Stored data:
[Start of Attachment]
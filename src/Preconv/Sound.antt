-- ===== src/Preconv/Sound.antt =====
-- What every outcome of `preconv_encode` says of its input.
use mandoc_mirror.Prelude.{
  ℕ, ◌+◌, ◌*◌, ◌/◌, ◌%◌, ◌≤◌, ◌<◌, ◌≡◌, ◌⊎◌, inl, inr, true, false, [], ◌∷◌, ◌++◌, refl, sym, ap,
  arith, none, some, ltb, ◌==◌, if◌then◌else◌, Bytes, zero, suc, Bool-cases, length,
}
use mandoc_mirror.Preconv.{
  FileEnc, Encoded, encoded, refused, overread, unicode_escape, sequence_length, header_bits,
  bad_second, continuation, encode_latin, encode_rest, encode_second, encode,
}
use mandoc_mirror.Preconv.Utf8.{utf8, IsScalar, sequence_length_lem}

-- The bytes of a buffer.
abbrev pub AreBytes : Bytes → Type 0
AreBytes [] = Unit {0}
AreBytes (c ∷ cs) = (c < 0x100) × AreBytes cs

abbrev pub Explains : FileEnc → ℕ → Bytes → Encoded → Type 0
Explains e c cu (encoded out rest e') =
    ((u : ℕ) × IsScalar u
      × (e.utf8 ≡ true)
      × (c ∷ cu ≡ utf8 u ++ rest)
      × (out ≡ unicode_escape u)
      × (e' ≡ record e { latin1 = false }))
    ⊎ ((e.latin1 ≡ true)
        × (rest ≡ cu)
        × (out ≡ unicode_escape c)
        × (e' ≡ record e { utf8 = false }))
Explains e c cu refused = e.latin1 ≡ false
Explains e c cu overread = (e.utf8 ≡ true) × (suc (length cu) < sequence_length c)

latin-Explains : (e : FileEnc) (c : ℕ) (cu : Bytes) → Explains e c cu (encode_latin e c cu)
unfolding encode_latin
latin-Explains e c cu = elim (Bool-cases e.latin1) [
  | inl p ↦ rw p (inr (refl, refl, refl, refl))
  | inr p ↦ rw p refl
]

is_continuation : (d : ℕ) → d < 0x100 → (d / 64) % 4 ≡ 2 → d ≡ 0x80 + d % 64
is_continuation d h p = omega arith

utf8-two :
    (c d u : ℕ)
    → u ≡ c % 32 * 64 + d % 64
    → 0xC2 ≤ c
    → c < 0xE0
    → d ≡ 0x80 + d % 64
    → utf8 u ≡ c ∷ d ∷ []
utf8-two c d u e h k p = ground arith

utf8-three :
    (c d f u : ℕ)
    → u ≡ (c % 16 * 64 + d % 64) * 64 + f % 64
    → 0xE0 ≤ c
    → c < 0xF0
    → d ≡ 0x80 + d % 64
    → f ≡ 0x80 + f % 64
    → 0x800 ≤ u
    → utf8 u ≡ c ∷ d ∷ f ∷ []
utf8-three c d f u e h k p q l = ground arith

utf8-four :
    (c d f g u : ℕ)
    → u ≡ ((c % 8 * 64 + d % 64) * 64 + f % 64) * 64 + g % 64
    → 0xF0 ≤ c
    → c < 0xF8
    → d ≡ 0x80 + d % 64
    → f ≡ 0x80 + f % 64
    → g ≡ 0x80 + g % 64
    → 0x10000 ≤ u
    → utf8 u ≡ c ∷ d ∷ f ∷ g ∷ []
utf8-four c d f g u e h k p q r l = ground arith

module _ (e : FileEnc) (c : ℕ) (on : e.utf8 ≡ true) where
  two-Explains :
      (cu : Bytes)
      → AreBytes cu
      → sequence_length c ≡ 2
      → 0xC2 ≤ c
      → c < 0xE0
      → Explains e c cu (encode_second e c cu 2 (some (c % 32)))
  unfolding encode_second bad_second continuation
  two-Explains [] b n h k = (on, omega (arith, n))
  two-Explains (d ∷ r) b n h k = elim (Bool-cases ((d / 64) % 4 == 2)) [
    | inl q ↦
        let p : d ≡ 0x80 + d % 64 = is_continuation d b.0 (ground arith) in
        rw q (
          inl (
            c % 32 * 64 + d % 64,
            ground arith,
            on,
            ap (λ s. s ++ r) (sym (utf8-two c d _ refl h k p)),
            refl,
            refl,
          ))
    | inr q ↦ rw q (latin-Explains e c (d ∷ r))
  ]

  -- Behind the checks of the second byte `d`.
  three_rest :
      (d : ℕ) (r : Bytes)
      → AreBytes (d ∷ r)
      → sequence_length c ≡ 3
      → 0xE0 ≤ c
      → c < 0xF0
      → 0x800 ≤ c % 16 * 4096 + d % 64 * 64
      → (c % 16 * 4096 + d % 64 * 64 < 0xD800) ⊎ (0xE000 ≤ c % 16 * 4096 + d % 64 * 64)
      → Explains e c (d ∷ r) (encode_rest e c (d ∷ r) (continuation 2 (c % 16) (d ∷ r)))
  unfolding encode_rest continuation
  three_rest d r b n h k lo sur = elim (Bool-cases ((d / 64) % 4 == 2)) [
    | inr q ↦ rw q (latin-Explains e c (d ∷ r))
    | inl q ↦ rw q (go r b (is_continuation d b.0 (ground arith)))
  ]
    where
      go :
          (r : Bytes)
          → AreBytes (d ∷ r)
          → d ≡ 0x80 + d % 64
          → Explains e c (d ∷ r) (encode_rest e c (d ∷ r) (continuation 1 (c % 16 * 64 + d % 64) r))
      go [] b p = (on, omega (arith, n))
      go (f ∷ r) b p = elim (Bool-cases ((f / 64) % 4 == 2)) [
        | inr q ↦ rw q (latin-Explains e c (d ∷ f ∷ r))
        | inl q ↦
            let p' : f ≡ 0x80 + f % 64 = is_continuation f b.1.0 (ground arith) in
            rw q (
              inl (
                (c % 16 * 64 + d % 64) * 64 + f % 64,
                omega arith,
                on,
                ap (λ s. s ++ r) (sym (utf8-three c d f _ refl h k p p' (omega arith))),
                refl,
                refl,
              ))
      ]

  three-Explains :
      (cu : Bytes)
      → AreBytes cu
      → sequence_length c ≡ 3
      → 0xE0 ≤ c
      → c < 0xF0
      → Explains e c cu (encode_second e c cu 3 (some (c % 16)))
  unfolding encode_second
  three-Explains [] b n h k = (on, omega (arith, n))
  three-Explains (d ∷ r) b n h k = elim (Bool-cases (bad_second 3 (c % 16) d)) [
    | inl x ↦ rw x (latin-Explains e c (d ∷ r))
    | inr x ↦ rw x (
        three_rest d r b n h k (unfold bad_second in ground arith)
          (unfold bad_second in ground arith))
  ]

  four_rest :
      (d : ℕ) (r : Bytes)
      → AreBytes (d ∷ r)
      → sequence_length c ≡ 4
      → 0xF0 ≤ c
      → c < 0xF8
      → 0x10000 ≤ c % 8 * 262144 + d % 64 * 4096
      → c % 8 * 262144 + d % 64 * 4096 < 0x110000
      → Explains e c (d ∷ r) (encode_rest e c (d ∷ r) (continuation 3 (c % 8) (d ∷ r)))
  unfolding encode_rest continuation
  four_rest d r b n h k lo hi = elim (Bool-cases ((d / 64) % 4 == 2)) [
    | inr q ↦ rw q (latin-Explains e c (d ∷ r))
    | inl q ↦ rw q (go r b (is_continuation d b.0 (ground arith)))
  ]
    where
      last :
          (f : ℕ) (r : Bytes)
          → AreBytes (d ∷ f ∷ r)
          → d ≡ 0x80 + d % 64
          → f ≡ 0x80 + f % 64
          → Explains e c
              (d ∷ f ∷ r)
              (encode_rest e c (d ∷ f ∷ r) (continuation 1 ((c % 8 * 64 + d % 64) * 64 + f % 64) r))
      last f [] b p q = (on, omega (arith, n))
      last f (g ∷ r) b p p' = elim (Bool-cases ((g / 64) % 4 == 2)) [
        | inr q ↦ rw q (latin-Explains e c (d ∷ f ∷ g ∷ r))
        | inl q ↦
            let p'' : g ≡ 0x80 + g % 64 = is_continuation g b.1.1.0 (ground arith) in
            rw q (
              inl (
                ((c % 8 * 64 + d % 64) * 64 + f % 64) * 64 + g % 64,
                omega arith,
                on,
                ap (λ s. s ++ r) (sym (utf8-four c d f g _ refl h k p p' p'' (omega arith))),
                refl,
                refl,
              ))
      ]

      go :
          (r : Bytes)
          → AreBytes (d ∷ r)
          → d ≡ 0x80 + d % 64
          → Explains e c (d ∷ r) (encode_rest e c (d ∷ r) (continuation 2 (c % 8 * 64 + d % 64) r))
      go [] b p = (on, omega (arith, n))
      go (f ∷ r) b p = elim (Bool-cases ((f / 64) % 4 == 2)) [
        | inr q ↦ rw q (latin-Explains e c (d ∷ f ∷ r))
        | inl q ↦ rw q (last f r b p (is_continuation f b.1.0 (ground arith)))
      ]

  four-Explains :
      (cu : Bytes)
      → AreBytes cu
      → sequence_length c ≡ 4
      → 0xF0 ≤ c
      → c < 0xF8
      → c % 8 ≤ 4
      → Explains e c cu (encode_second e c cu 4 (some (c % 8)))
  unfolding encode_second
  four-Explains [] b n h k l = (on, omega (arith, n))
  four-Explains (d ∷ r) b n h k l = elim (Bool-cases (bad_second 4 (c % 8) d)) [
    | inl x ↦ rw x (latin-Explains e c (d ∷ r))
    | inr x ↦ rw x (
        four_rest d r b n h k (unfold bad_second in ground arith)
          (unfold bad_second in ground arith))
  ]

  -- Where the header is refused, the second switch is not reached.
  none-Explains :
      (cu : Bytes) (n : ℕ)
      → header_bits n c ≡ none
      → Explains e c cu (encode_second e c cu n (header_bits n c))
  unfolding encode_second
  none-Explains cu n p = rw p (latin-Explains e c cu)

  utf8_Explains :
      (cu : Bytes) (n : ℕ)
      → AreBytes cu
      → 0x80 ≤ c
      → c < 0x100
      → sequence_length c ≡ n
      → n ≡ (
          if ltb c 0xC0
          then 1
          else if ltb c 0xE0
          then 2
          else if ltb c 0xF0
          then 3
          else if ltb c 0xF8
          then 4
          else 5)
      → Explains e c cu (encode_second e c cu n (header_bits n c))
  utf8_Explains cu zero b h k s t = absurd (ground arith)
  utf8_Explains cu (suc zero) b h k s t = none-Explains cu 1 (unfold header_bits in refl)
  utf8_Explains cu (suc (suc zero)) b h k s t = elim (Bool-cases (ltb (c % 32) 2)) [
    | inl p ↦ none-Explains cu 2 (unfold header_bits in rw p)
    | inr p ↦ unfold header_bits in rw p (two-Explains cu b s (ground arith) (ground arith))
  ]
  utf8_Explains cu (suc (suc (suc zero))) b h k s t =
      unfold header_bits in three-Explains cu b s (ground arith) (ground arith)
  utf8_Explains cu (suc (suc (suc (suc zero)))) b h k s t = elim (Bool-cases (ltb 4 (c % 8))) [
    | inl p ↦ none-Explains cu 4 (unfold header_bits in rw p)
    | inr p ↦
        unfold header_bits in
        rw p (four-Explains cu b s (ground arith) (ground arith) (ground arith))
  ]
  utf8_Explains cu (suc (suc (suc (suc (suc n))))) b h k s t =
      none-Explains cu (suc (suc (suc (suc (suc n))))) (unfold header_bits in ground arith)

-- Every outcome of `preconv_encode` at a byte with the high bit set. If bytes were consumed, they
-- are the UTF-8 encoding of one Unicode scalar value in UTF-8 mode, or one byte in ISO-8859-1 mode,
-- the output is its escape, and the other encoding is ruled out. A refusal happens only if
-- ISO-8859-1 is ruled out already. A byte behind the buffer is read only in UTF-8 mode, and only if
-- the buffer ends before the sequence that its first byte announces.
pub encode-Explains :
    (e : FileEnc) (c : ℕ) (cu : Bytes)
    → 0x80 ≤ c
    → c < 0x100
    → AreBytes cu
    → Explains e c cu (encode e c cu)
unfolding encode
encode-Explains e c cu h k b = elim (Bool-cases e.utf8) [
  | inl p ↦ simp p (utf8_Explains e c p cu _ b h k refl (sequence_length_lem c h k))
  | inr p ↦ simp p (latin-Explains e c cu)
]

-- In UTF-8 mode, a buffer that ends with the first byte of a multibyte sequence is read behind its
-- end.
pub encode-overread :
    (e : FileEnc) (c : ℕ) → e.utf8 ≡ true → 0xC2 ≤ c → c < 0xF5 → encode e c [] ≡ overread
unfolding encode header_bits
encode-overread e c on h k = rw (sequence_length_lem c (omega arith) (omega arith)) (ground arith)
[End of Attachment]
> [About this task] Take the lines above from the one containing "four-Explains (d ∷" to the one containing "if ltb c 0xC0" and retype them exactly, both ends included, with nothing added.

> [Answer for the task]
  four-Explains (d ∷ r) b n h k l = elim (Bool-cases (bad_second 4 (c % 8) d)) [
    | inl x ↦ rw x (latin-Explains e c (d ∷ r))
    | inr x ↦ rw x (
        four_rest d r b n h k (unfold bad_second in ground arith)
          (unfold bad_second in ground arith))
  ]

  -- Where the header is refused, the second switch is not reached.
  none-Explains :
      (cu : Bytes) (n : ℕ)
      → header_bits n c ≡ none
      → Explains e c cu (encode_second e c cu n (header_bits n c))
  unfolding encode_second
  none-Explains cu n p = rw p (latin-Explains e c cu)

  utf8_Explains :
      (cu : Bytes) (n : ℕ)
      → AreBytes cu
      → 0x80 ≤ c
      → c < 0x100
      → sequence_length c ≡ n
      → n ≡ (
          if ltb c 0xC0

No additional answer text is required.